The melanopic illuminance value on the corneal plane is calculated from the Ev values. It can be observed that the melanopic values follow the same trend as the photopic Ev values, as they are proportional, and their value will depend on the type of luminaire chosen. The key differences lie in the impact each LED has on biological stimulation, with the cool LED being more effective due to its higher MAF of 0.905, compared to the warm LED, which results in lower melanopic values, MAF = 0.336. The joint evaluation of photopic and melanopic values highlights the importance of selecting luminaires that provide an appropriate balance between both types of lighting.

4.1. Luminaire 1

The illuminance distribution throughout the room is highly uniform, with an Eh of 1397 lx, reaching a uniformity value of 0.58 (Figure 4). This value is very close to 0.6, which is the uniformity level established by the regulations for a study environment [4].
The results obtained for Ev using Luminaire 1 are shown in Figure 4; it provides low Ev, with values ranging between approximately 300 and 400 lx. The light distribution is relatively uniform but does not reach high levels of brightness compared to the other luminaires. A well-balanced Ev/Eh ratio ensures that vertical surfaces are not excessively dark compared to horizontal ones, contributing to a more harmonized lighting design, with a mean value of 0.253. The mEDI follows a similar pattern when using a cool LED, indicating that this luminaire does not significantly enhance circadian stimulation. With a warm LED, the mEDI values drop considerably, ranging between 110 and 150 lx, making it the least effective option for spaces requiring high melanopic stimulation.

4.2. Luminaire 2

The illuminance values on the work plane and uniformity are similar to those found with Luminaire 1; as shown in Figure 4, the Eh reaches 1252 lx, with limited uniformity of 0.56. This luminaire offers significantly higher Ev, reaching values between 500 and 580 lx. The distribution is well-balanced, providing strong and consistent illumination across the evaluated space. When paired with a cool LED, mEDI values closely match Ev, confirming its strong impact on circadian lighting. The use of a warm LED reduces mEDI to around 180–220 lx, which still provides better melanopic stimulation than Luminaire 1 but remains notably lower than with a cool LED. This luminaire presents a good compromise between general lighting and circadian effectiveness.

4.3. Luminaire 3

For the results obtained with Luminaire 3, the Eh reaches 1021 lx, with the best uniformity, 0.60. This contrasts with the mean Ev value, 549 lx, observed with Luminaire 3 vs. Luminaire 1, which was approximately 200 lx lower. Luminaire 3 performs similarly to Luminaire 2 but with slightly higher Ev values in some areas, ranging from 530 to 590 lx. It also provides a more uniform light distribution, making it an effective solution for spaces requiring consistent illumination. The mEDI values with a cool LED are the highest among all luminaires, reaching up to 590 lx, making it the most suitable choice for environments where circadian stimulation is a priority. When using a warm LED, mEDI values are comparable to those of Luminaire 2, ranging between 180 and 220 lx, maintaining a moderate level of melanopic response.
In the classroom context, effective lighting design ensures sufficient Ev for academic tasks while also supporting user well-being. The mean Ev values for Luminaires 1, 2, and 3 are 353, 537, and 549 lx, respectively, highlighting the differences in illumination levels.

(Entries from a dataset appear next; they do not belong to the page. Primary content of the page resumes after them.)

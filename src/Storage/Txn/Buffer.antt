-- ===== src/Storage/Txn/Buffer.antt =====
-- The `txn_buffer_` functions of lib/storage/txn.c.
use napastak.Base.{
  ℕ, ◌≤◌, ◌≡◌, refl, Bool, true, false, not, Option, none, some, List, arith, if◌then◌else◌, length,
  Bool-cases, inl, inr, ap, leb, ◌==◌, ◌∙◌,
}
use napastak.Storage.Txn.{
  Txn, TxnManager, TxnEntry, Operation, txn_id_none, txn_max_entries, holds, find_slot, modify,
  at_slot, find, table_name, appended, buffer,
}
use napastak.Storage.Txn.Slots.{
  first, first-some, length-modify, first-modify_hit, first-modify_other, AtMostOne-modify_keep,
}
use napastak.Storage.Txn.Lifecycle.{
  IsValid, Located, Refused, improper, missing, find-Refused, find-cases, find-eq-first,
}

abbrev pub entry : List ℕ → Operation → TxnEntry
entry table op = record { table = table_name table; op = op }

abbrev pub is_full : Txn → Bool
is_full t = leb txn_max_entries (length t.entries)

buffer-full :
    (tm : TxnManager) (id : ℕ) (table : List ℕ) (op : Operation) (l : Located tm id)
    → is_full l.txn ≡ true
    → buffer tm id table op ≡ (tm, false)
unfolding buffer
buffer-full tm id table op l full =
    let off : (id == txn_id_none) ≡ false = ground (arith, l.proper) in
    rw (off, l.found, buffer, l.got, full) refl

buffer-room :
    (tm : TxnManager) (id : ℕ) (table : List ℕ) (op : Operation) (l : Located tm id)
    → is_full l.txn ≡ false
    → buffer tm id table op ≡ (at_slot tm l.slot (appended (entry table op)), true)
unfolding buffer
buffer-room tm id table op l room =
    let off : (id == txn_id_none) ≡ false = ground (arith, l.proper) in
    rw (off, l.found, buffer, l.got, room) refl

buffer-Refused :
    (tm : TxnManager) (id : ℕ) (table : List ℕ) (op : Operation)
    → Refused tm id
    → buffer tm id table op ≡ (tm, false)
unfolding buffer
buffer-Refused tm id table op (improper h) = rw h refl
buffer-Refused tm id table op (missing n h) = rw (n, buffer, h) refl

find-appended :
    (tm : TxnManager) (id j : ℕ) (e : TxnEntry) (l : Located tm id)
    → find (at_slot tm l.slot (appended e)) j
      ≡ (if j == id then some (appended e l.txn) else find tm j)
find-appended tm id j e l = elim (Bool-cases (j == txn_id_none)) [
  | inl y ↦
      rw (find-eq-first (at_slot tm l.slot (appended e)) j, find-eq-first tm j, y)
        (ground (arith, l.proper))
  | inr n ↦ rw (find-eq-first (at_slot tm l.slot (appended e)) j, find-eq-first tm j, n) written
]
  where
    written :
        first (holds j) (modify l.slot (appended e) tm.txns)
        ≡ (if j == id then some (appended e l.txn) else first (holds j) tm.txns)
    written = elim (Bool-cases (j == id)) [
      | inl y ↦
          let same : j ≡ id = ground arith in
          rw (y, same)
            (first-modify_hit (holds id) 0 l.slot (appended e) tm.txns l.txn
              (unfold find_slot in l.found ∙ ap some (omega arith)) l.got l.here)
      | inr n ↦ rw n (
          first-modify_other (holds j) (appended e) l.slot tm.txns l.txn l.got
            (ground (arith, l.here)) (ground (arith, l.here)))
    ]

-- What buffering an operation makes of the transaction that the id finds.
abbrev pub buffered : List ℕ → Operation → Option Txn → Option Txn
buffered table op none = none
buffered table op (some t) = some (if is_full t then t else appended (entry table op) t)

abbrev pub accepts : Option Txn → Bool
accepts none = false
accepts (some t) = not (is_full t)

-- Buffering succeeds exactly when the id finds a transaction with fewer than 4096 entries; the
-- entry, its table name cut to 127 bytes, then stands last in that transaction; no other changes.
pub find-buffer :
    (tm : TxnManager) (id j : ℕ) (table : List ℕ) (op : Operation)
    → ((buffer tm id table op).1 ≡ accepts (find tm id))
      × (find (buffer tm id table op).0 j
          ≡ (if j == id then buffered table op (find tm id) else find tm j))
find-buffer tm id j table op = elim (find-cases tm id) [
  | inl l ↦ elim (Bool-cases (is_full l.txn)) [
    | inl full ↦ (
      rw (buffer-full tm id table op l full, l.seen, full) refl,
      rw (buffer-full tm id table op l full, l.seen, full) (kept l),
    )
    | inr room ↦ (
      rw (buffer-room tm id table op l room, l.seen, room) refl,
      rw (buffer-room tm id table op l room, l.seen, room)
          (find-appended tm id j (entry table op) l),
    )
  ]
  | inr r ↦ (
    rw (buffer-Refused tm id table op r, find-Refused tm id r) refl,
    rw (buffer-Refused tm id table op r, find-Refused tm id r) (gone r),
  )
]
  where
    kept : (l : Located tm id) → find tm j ≡ (if j == id then some l.txn else find tm j)
    kept l = elim (Bool-cases (j == id)) [
      | inl y ↦ let same : j ≡ id = ground arith in rw (y, same) l.seen
      | inr n ↦ rw n refl
    ]

    gone : Refused tm id → find tm j ≡ (if j == id then none else find tm j)
    gone r = elim (Bool-cases (j == id)) [
      | inl y ↦ let same : j ≡ id = ground arith in rw (y, same) (find-Refused tm id r)
      | inr n ↦ rw n refl
    ]

pub buffer-IsValid :
    (tm : TxnManager) (id : ℕ) (table : List ℕ) (op : Operation)
    → IsValid tm
    → IsValid (buffer tm id table op).0
buffer-IsValid tm id table op v = elim (find-cases tm id) [
  | inl l ↦ elim (Bool-cases (is_full l.txn)) [
    | inl full ↦ rw (buffer-full tm id table op l full) v
    | inr room ↦ rw (buffer-room tm id table op l room) (kept l)
  ]
  | inr r ↦ rw (buffer-Refused tm id table op r) v
]
  where
    kept : (l : Located tm id) → IsValid (at_slot tm l.slot (appended (entry table op)))
    kept l = record {
      size = length-modify l.slot (appended (entry table op)) tm.txns ∙ v.size;
      counter = v.counter;
      fresh = λ j h.
          first-modify_other (holds j) (appended (entry table op)) l.slot tm.txns l.txn l.got
            (below l j h) (below l j h)
          ∙ v.fresh j h;
      unique = λ j n.
          AtMostOne-modify_keep (holds j) (appended (entry table op)) l.slot tm.txns l.txn
            (v.unique j n) l.got (λ y. y);
    }
      where
        below : (l : Located tm id) (j : ℕ) → tm.next_id ≤ j → holds j l.txn ≡ false
        below l j h = elim (Bool-cases (holds j l.txn)) [
          | inl y ↦ absurd (first-some (holds j) l.slot tm.txns l.txn l.got y (v.fresh j h))
          | inr n ↦ n
        ]
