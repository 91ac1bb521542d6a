-- ===== src/Storage/Txn/Release.antt =====
-- How lib/storage/txn.c gives slots back: `txn_rollback` and `txn_manager_timeout_check`.
use napastak.Base.{
  ℕ, ◌≡◌, ◌≢◌, refl, Bool, true, false, Option, none, some, arith, if◌then◌else◌, Bool-cases, inl,
  inr, ◌==◌, ◌∙◌,
}
use napastak.Storage.Txn.{
  Txn, TxnManager, aborted, txn_id_none, holds, find_slot, modify, at_slot, freed, rollback, find,
}
use napastak.Storage.Txn.Slots.{
  first, length-modify, first-modify_other, first-modify_gone, AtMostOne-modify_keep,
}
use napastak.Storage.Txn.Lifecycle.{
  IsValid, find-eq-first, find_slot-some, Located, Refused, improper, missing, find-Refused,
  find-cases,
}

-- A write that takes the id away from a slot.
module _ (f : Txn → Txn) (clears : (t : Txn) → (f t).id ≡ txn_id_none) where
  first-clear :
      (tm : TxnManager) (id i : ℕ)
      → IsValid tm
      → id ≢ txn_id_none
      → find_slot tm id ≡ some i
      → (j : ℕ) → j ≢ txn_id_none
      → first (holds j) (modify i f tm.txns) ≡ (if j == id then none else first (holds j) tm.txns)
  first-clear tm id i v n found j m =
      let (t, got, here, eq) = find_slot-some tm id i found in
      elim (Bool-cases (j == id)) [
        | inl y ↦ rw y (
            first-modify_gone (holds j) f i tm.txns t (v.unique j m) got (ground arith)
              (ground (arith, clears t)))
        | inr y ↦ rw y (
            first-modify_other (holds j) f i tm.txns t got (ground arith)
              (ground (arith, clears t)))
      ]

  -- The id is gone, every other id finds what it found.
  pub find-clear :
      (tm : TxnManager) (id i : ℕ)
      → IsValid tm
      → id ≢ txn_id_none
      → find_slot tm id ≡ some i
      → (j : ℕ) → find (at_slot tm i f) j ≡ (if j == id then none else find tm j)
  find-clear tm id i v n found j = elim (Bool-cases (j == txn_id_none)) [
    | inl y ↦ rw (find-eq-first, find-eq-first tm j, y) (ground arith)
    | inr y ↦
        rw (find-eq-first, find-eq-first tm j, y) (first-clear tm id i v n found j (ground arith))
  ]

  pub clear-IsValid :
      (tm : TxnManager) (id i : ℕ)
      → IsValid tm
      → id ≢ txn_id_none
      → find_slot tm id ≡ some i
      → IsValid (at_slot tm i f)
  clear-IsValid tm id i v n found = record {
    size = length-modify i f tm.txns ∙ v.size;
    counter = v.counter;
    fresh = λ j h.
        first-clear tm id i v n found j (omega (arith, v.counter)) ∙ ground (arith, v.fresh j);
    unique = λ j m.
        let (t, got, here, eq) = find_slot-some tm id i found in
        AtMostOne-modify_keep (holds j) f i tm.txns t (v.unique j m) got
          (λ bad. ground (arith, clears t));
  }

rollback-located :
    (tm : TxnManager) (id : ℕ) (l : Located tm id)
    → rollback tm id ≡ (at_slot tm l.slot (freed aborted), true)
unfolding rollback
rollback-located tm id l =
    let off : (id == txn_id_none) ≡ false = ground (arith, l.proper) in
    rw (off, l.found, rollback) refl

rollback-Refused : (tm : TxnManager) (id : ℕ) → Refused tm id → rollback tm id ≡ (tm, false)
unfolding rollback
rollback-Refused tm id (improper h) = rw h refl
rollback-Refused tm id (missing n h) = rw (n, h, rollback) refl

abbrev pub is_some : {A : Type 0} → Option A → Bool
is_some none = false
is_some (some a) = true

-- In a valid pool a rollback succeeds exactly when the id finds a transaction; afterwards the id
-- finds none, and every other id finds what it found.
pub find-rollback :
    (tm : TxnManager) (id j : ℕ)
    → IsValid tm
    → ((rollback tm id).1 ≡ is_some (find tm id))
      × (find (rollback tm id).0 j ≡ (if j == id then none else find tm j))
find-rollback tm id j v = elim (find-cases tm id) [
  | inl l ↦ (
    rw (rollback-located tm id l, l.seen) refl,
    rw (rollback-located tm id l)
        (find-clear (freed aborted) (λ t. refl) tm id l.slot v l.proper l.found j),
  )
  | inr r ↦ (
    rw (rollback-Refused tm id r, find-Refused tm id r) refl,
    rw (rollback-Refused tm id r) (gone r),
  )
]
  where
    gone : Refused tm id → find tm j ≡ (if j == id then none else find tm j)
    gone r = elim (Bool-cases (j == id)) [
      | inl y ↦ let same : j ≡ id = ground arith in rw (y, same) (find-Refused tm id r)
      | inr n ↦ rw n refl
    ]

pub rollback-IsValid : (tm : TxnManager) (id : ℕ) → IsValid tm → IsValid (rollback tm id).0
rollback-IsValid tm id v = elim (find-cases tm id) [
  | inl l ↦
      rw (rollback-located tm id l)
        (clear-IsValid (freed aborted) (λ t. refl) tm id l.slot v l.proper l.found)
  | inr r ↦ rw (rollback-Refused tm id r) v
]
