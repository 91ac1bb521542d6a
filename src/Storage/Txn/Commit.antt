-- ===== src/Storage/Txn/Commit.antt =====
-- `txn_commit` of lib/storage/txn.c, with no other call between its critical sections.
use napastak.Base.{
  ℕ, zero, suc, ◌≡◌, refl, sym, subst, false, Option, none, some, List, [], ◌∷◌, ◌++◌, arith,
  if◌then◌else◌, inl, inr, Bool-cases, ==_iff, ap, ◌==◌, ◌∙◌,
}
use napastak.Storage.Txn.{
  Txn, TxnManager, TxnEntry, committed, txn_id_none, modify, at_slot, find, commit_start,
  apply_entries, commit, commit_rest,
}
use napastak.Storage.Txn.Lifecycle.{
  IsValid, Located, Refused, improper, missing, find-Refused, find-cases,
}
use napastak.Storage.Txn.Release.{find-clear, clear-IsValid}

modify-modify :
    (i : ℕ) (f g : Txn → Txn) (ts : List Txn)
    → modify i g (modify i f ts) ≡ modify i (λ t. g (f t)) ts
unfolding modify
modify-modify zero f g [] = refl
modify-modify (suc i) f g [] = refl
modify-modify zero f g (t ∷ ts) = refl
modify-modify (suc i) f g (t ∷ ts) = ap (λ r. t ∷ r) (modify-modify i f g ts)

abbrev pub marked : Txn → Txn
marked t = record t { status = committed }

abbrev pub emptied : Txn → Txn
emptied t = record t { has_arena = false; entries = []; id = txn_id_none }

pub commit_start-located :
    (tm : TxnManager) (id : ℕ) (l : Located tm id)
    → commit_start tm id ≡ some (l.slot, l.txn.entries, at_slot tm l.slot marked)
unfolding commit_start
commit_start-located tm id l =
    let off : (id == txn_id_none) ≡ false = ground (arith, l.proper) in
    rw (off, commit_start, l.found, l.got) refl

commit_start-Refused : (tm : TxnManager) (id : ℕ) → Refused tm id → commit_start tm id ≡ none
unfolding commit_start
commit_start-Refused tm id (improper h) = rw h refl
commit_start-Refused tm id (missing n h) = rw (n, commit_start, h) refl

module _ {S : Type 0} (fn : TxnEntry → S → S × ℕ) where
  commit-located :
      (tm : TxnManager) (id : ℕ) (l : Located tm id) (s : S)
      → commit fn tm id s ≡ (
        at_slot tm l.slot (λ t. emptied (marked t)),
        (apply_entries fn l.txn.entries s).0,
        some (apply_entries fn l.txn.entries s).1,
      )
  unfolding commit
  commit-located tm id l s =
      ap (commit_rest fn tm s) (commit_start-located tm id l)
      ∙ ap
          (λ (ts : List Txn). (
            record tm { txns = ts },
            (apply_entries fn l.txn.entries s).0,
            some (apply_entries fn l.txn.entries s).1,
          ))
          (modify-modify l.slot marked emptied tm.txns)

  commit-Refused :
      (tm : TxnManager) (id : ℕ) (s : S) → Refused tm id → commit fn tm id s ≡ (tm, s, none)
  unfolding commit
  commit-Refused tm id s r = ap (commit_rest fn tm s) (commit_start-Refused tm id r)

  -- What the callbacks make of a transaction, if there is one.
  abbrev outcome : Option Txn → S → S × Option ℕ
  outcome none s = (s, none)
  outcome (some t) s = ((apply_entries fn t.entries s).0, some (apply_entries fn t.entries s).1)

  find-commit-outcome :
      (tm : TxnManager) (id j : ℕ) (s : S)
      → IsValid tm
      → let (tm', s', rc) = commit fn tm id s in
        (◌≡◌ {A = S × Option ℕ} (s', rc) (outcome (find tm id) s))
        × (find tm' j ≡ (if j == id then none else find tm j))
  find-commit-outcome tm id j s v = elim (find-cases tm id) [
    | inl l ↦ (
      rw (commit-located tm id l s, l.seen) refl,
      rw (commit-located tm id l s)
          (find-clear (λ t. emptied (marked t)) (λ t. refl) tm id l.slot v l.proper l.found j),
    )
    | inr r ↦ (
      rw (commit-Refused tm id s r, find-Refused tm id r) refl,
      rw (commit-Refused tm id s r) (gone r),
    )
  ]
    where
      gone : Refused tm id → find tm j ≡ (if j == id then none else find tm j)
      gone r = elim (Bool-cases (j == id)) [
        | inl y ↦ let same : j ≡ id = ground arith in rw (y, same) (find-Refused tm id r)
        | inr n ↦ rw n refl
      ]

  -- The callback over entries in order, from one state to another with the code that results: up
  -- to the first that does not return 0.
  pub data Ran : List TxnEntry → S → S → ℕ → Type 0 where
    ended : (s : S) → Ran [] s s 0
    went_on :
        {e : TxnEntry} {es : List TxnEntry} {s u t : S} {rc : ℕ}
        → fn e s ≡ (u, 0)
        → Ran es u t rc
        → Ran (e ∷ es) s t rc
    failed :
        {e : TxnEntry} {es : List TxnEntry} {s u : S} {code : ℕ}
        → fn e s ≡ (u, suc code)
        → Ran (e ∷ es) s u (suc code)

  Ran-first :
      (e : TxnEntry) (es : List TxnEntry) (s : S)
      → ((u : S) → Ran es u (apply_entries fn es u).0 (apply_entries fn es u).1)
      → (r : S × ℕ) → fn e s ≡ r
      → Ran
          (e ∷ es)
          s
          (if r.1 == 0 then apply_entries fn es r.0 else r).0
          (if r.1 == 0 then apply_entries fn es r.0 else r).1
  Ran-first e es s ih (u, zero) h = went_on h (ih u)
  Ran-first e es s ih (u, suc code) h =
      let fails : (suc code == 0) ≡ false = ground arith in rw fails (failed h)

  apply_entries-Ran :
      (es : List TxnEntry) (s : S) → Ran es s (apply_entries fn es s).0 (apply_entries fn es s).1
  unfolding apply_entries
  apply_entries-Ran [] s = ended s
  apply_entries-Ran (e ∷ es) s = Ran-first e es s (λ u. apply_entries-Ran es u) (fn e s) refl

  -- What a commit does to the state of the callbacks, and what it returns: nothing and -1 where
  -- there is no transaction, and else what the callbacks make of its entries.
  abbrev pub Commits : Option Txn → S → S × Option ℕ → Type 0
  Commits none s (s', rc) = (s' ≡ s) × (rc ≡ none)
  Commits (some t) s (s', rc) = (code : ℕ) × (rc ≡ some code) × Ran t.entries s s' code

  outcome-Commits : (o : Option Txn) (s : S) → Commits o s (outcome o s)
  outcome-Commits none s = (refl, refl)
  outcome-Commits (some t) s =
      ((apply_entries fn t.entries s).1, refl, apply_entries-Ran t.entries s)

  -- A commit in a valid pool, with no other call in between, runs the callback over the
  -- entries of the transaction in order, up to the first that does not return 0, and returns its
  -- code, or 0 if there is none; whatever that code, the id then finds nothing, and every other id
  -- finds what it found. With no such transaction it returns -1, the callback is not run, and every
  -- id finds what it found.
  pub find-commit :
      (tm : TxnManager) (id j : ℕ) (s : S)
      → IsValid tm
      → let (tm', s', rc) = commit fn tm id s in
        Commits (find tm id) s (s', rc) × (find tm' j ≡ (if j == id then none else find tm j))
  find-commit tm id j s v =
      let (result, gone) = find-commit-outcome tm id j s v in
      (subst (Commits (find tm id) s) (sym result) (outcome-Commits (find tm id) s), gone)

  pub commit-IsValid :
      (tm : TxnManager) (id : ℕ) (s : S) → IsValid tm → IsValid (commit fn tm id s).0
  commit-IsValid tm id s v = elim (find-cases tm id) [
    | inl l ↦
        rw (commit-located tm id l s)
          (clear-IsValid (λ t. emptied (marked t)) (λ t. refl) tm id l.slot v l.proper l.found)
    | inr r ↦ rw (commit-Refused tm id s r) v
  ]

  -- Entries that succeed one after another, from one state to another.
  pub data Applies : List TxnEntry → S → S → Type 0 where
    done : (s : S) → Applies [] s s
    next :
        {e : TxnEntry} {es : List TxnEntry} {s u t : S}
        → fn e s ≡ (u, 0)
        → Applies es u t
        → Applies (e ∷ es) s t

  apply_entries-Applies :
      {es : List TxnEntry} {s u : S} (rest : List TxnEntry)
      → Applies es s u
      → apply_entries fn (es ++ rest) s ≡ apply_entries fn rest u
  unfolding apply_entries
  apply_entries-Applies rest (done s) = refl
  apply_entries-Applies rest (next {e} {es} {s} {u} {t} ok more) =
      rw ok (apply_entries-Applies rest more)

  -- A commit in a valid pool is not atomic: where the callback fails on an entry, what the entries before it did stays done, with
  -- what the failing callback left, and the transaction is gone, so that it cannot be rolled back.
  pub commit_partial :
      (tm : TxnManager) (id code : ℕ) (s u w : S) (t : Txn) (before after : List TxnEntry)
      (e : TxnEntry)
      → IsValid tm
      → find tm id ≡ some t
      → t.entries ≡ before ++ e ∷ after
      → Applies before s u
      → fn e u ≡ (w, suc code)
      → let (tm', s', rc) = commit fn tm id s in
        (s' ≡ w) × (rc ≡ some (suc code)) × (find tm' id ≡ none)
  unfolding apply_entries
  commit_partial tm id code s u w t before after e v seen shape ok bad =
      let (result, gone) = find-commit-outcome tm id id s v in
      let run : apply_entries fn t.entries s ≡ (w, suc code) =
        let fails : (suc code == 0) ≡ false = ground arith in
        rw (shape, apply_entries-Applies (e ∷ after) ok, bad, fails) refl in
      let whole : ◌≡◌ {A = S × Option ℕ} ((commit fn tm id s).1, (commit fn tm id s).2)
          (w, some (suc code)) =
        result ∙ rw (seen, run) refl in
      (
        ap (λ (p : S × Option ℕ). p.0) whole,
        ap (λ (p : S × Option ℕ). p.1) whole,
        gone ∙ rw ((==_iff id id).1 refl) refl,
      )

Among them, Luminaire 1 is the least effective in both general and melanopic illumination, making it less suitable for spaces requiring high brightness or circadian stimulation. In contrast, Luminaire 2 strikes a balance between good vertical illuminance and mEDI, offering a viable solution for classrooms and workspaces. Luminaire 3 provides the highest illuminance and melanopic stimulation while maintaining a uniform light distribution, making it the best option for environments that require both visual comfort and a strong circadian impact.
As shown in Figure 4 and Figure 5, the cool LED provides a melanopic illuminance mEDI almost equal to the photopic illuminance, with mean values of 353, 537, and 549 lx for Luminaires 1, 2, and 3, respectively. The observed similarity between mean Ev and mEDI values when using the 6500 K LED is attributable to its high melanopic action, which is characteristic of daylight-spectrum sources and results in closely aligned average vertical and melanopic illuminance values. This confirms that the SPD of the cool LED strongly supports circadian stimulation. However, the warm LED results in much lower mEDI values, with mean levels of 131, 199, and 204 lx for Luminaires 1, 2, and 3, respectively. This significant reduction is due to the warm LED’s lower MAF, limiting its effectiveness for biological regulation.
Furthermore, the highest mEDI values with the cool LED are achieved by Luminaires 2 and 3, reinforcing their suitability for environments prioritizing circadian stimulation. Conversely, for the warm LED, the mEDI values across all three luminaires range between 120 and 200 lx, indicating a reduced impact on circadian rhythms. These findings emphasize the importance of selecting both the appropriate design and material for the luminaires and LED spectrum to achieve optimal lighting conditions tailored to both visual and biological needs (Table 2).

4.4. Design Proposal

After the design and analysis of the results found, it can be concluded that in this case the optimal luminaire is Luminaire 3, as it is the one that provides the greatest illuminance uniformity to the classroom, and in Eh, the values specified by UNE-EN-ISO 12464-1:2022 are achieved, in addition to obtaining the relationships Ev/Eh closer to 0.6. When the mEDI is studied, Luminaire 3 provides around 550 lx when using the cool LED, a high value that will promote cognitive activation in the user. On the other hand, with the warm LED, values around 200 lx are obtained, a suitable value for performing cognitive activities such as those carried out in a classroom, while also providing an optimal CCT to create a more pleasant atmosphere at the end of the day and relax the body in the hours before sleep. As can be seen, Luminaire 1 gives values that are too low in melanopic illumination, and Luminaire 2, from a visual perspective, has less uniformity. To achieve high activation in the early morning hours and relaxation in the late afternoon, the optimal solution is to opt for dynamic lighting. In the early morning hours, the LED-6500K will be activated, and as the day progresses, the LED-2250K will gradually turn on while the former decreases, until 100% of the LED-2250K is lit. The spectrum of both LEDs combines, resulting in different spectral curves as described in Figure 5a.
At the same time, in Figure 5b, the different CCTs through which dynamic light evolves are represented in the eleven steps established for this project. Table 3 specifies that the photopic illuminance Ev remains constant, while the mEDI level varies, depending on the SPD of the light used in each of the steps shown in the representation. The CCT, the color rendering index (CRI), and the chromatic coordinates x and y corresponding to each step are also specified in Figure 5b.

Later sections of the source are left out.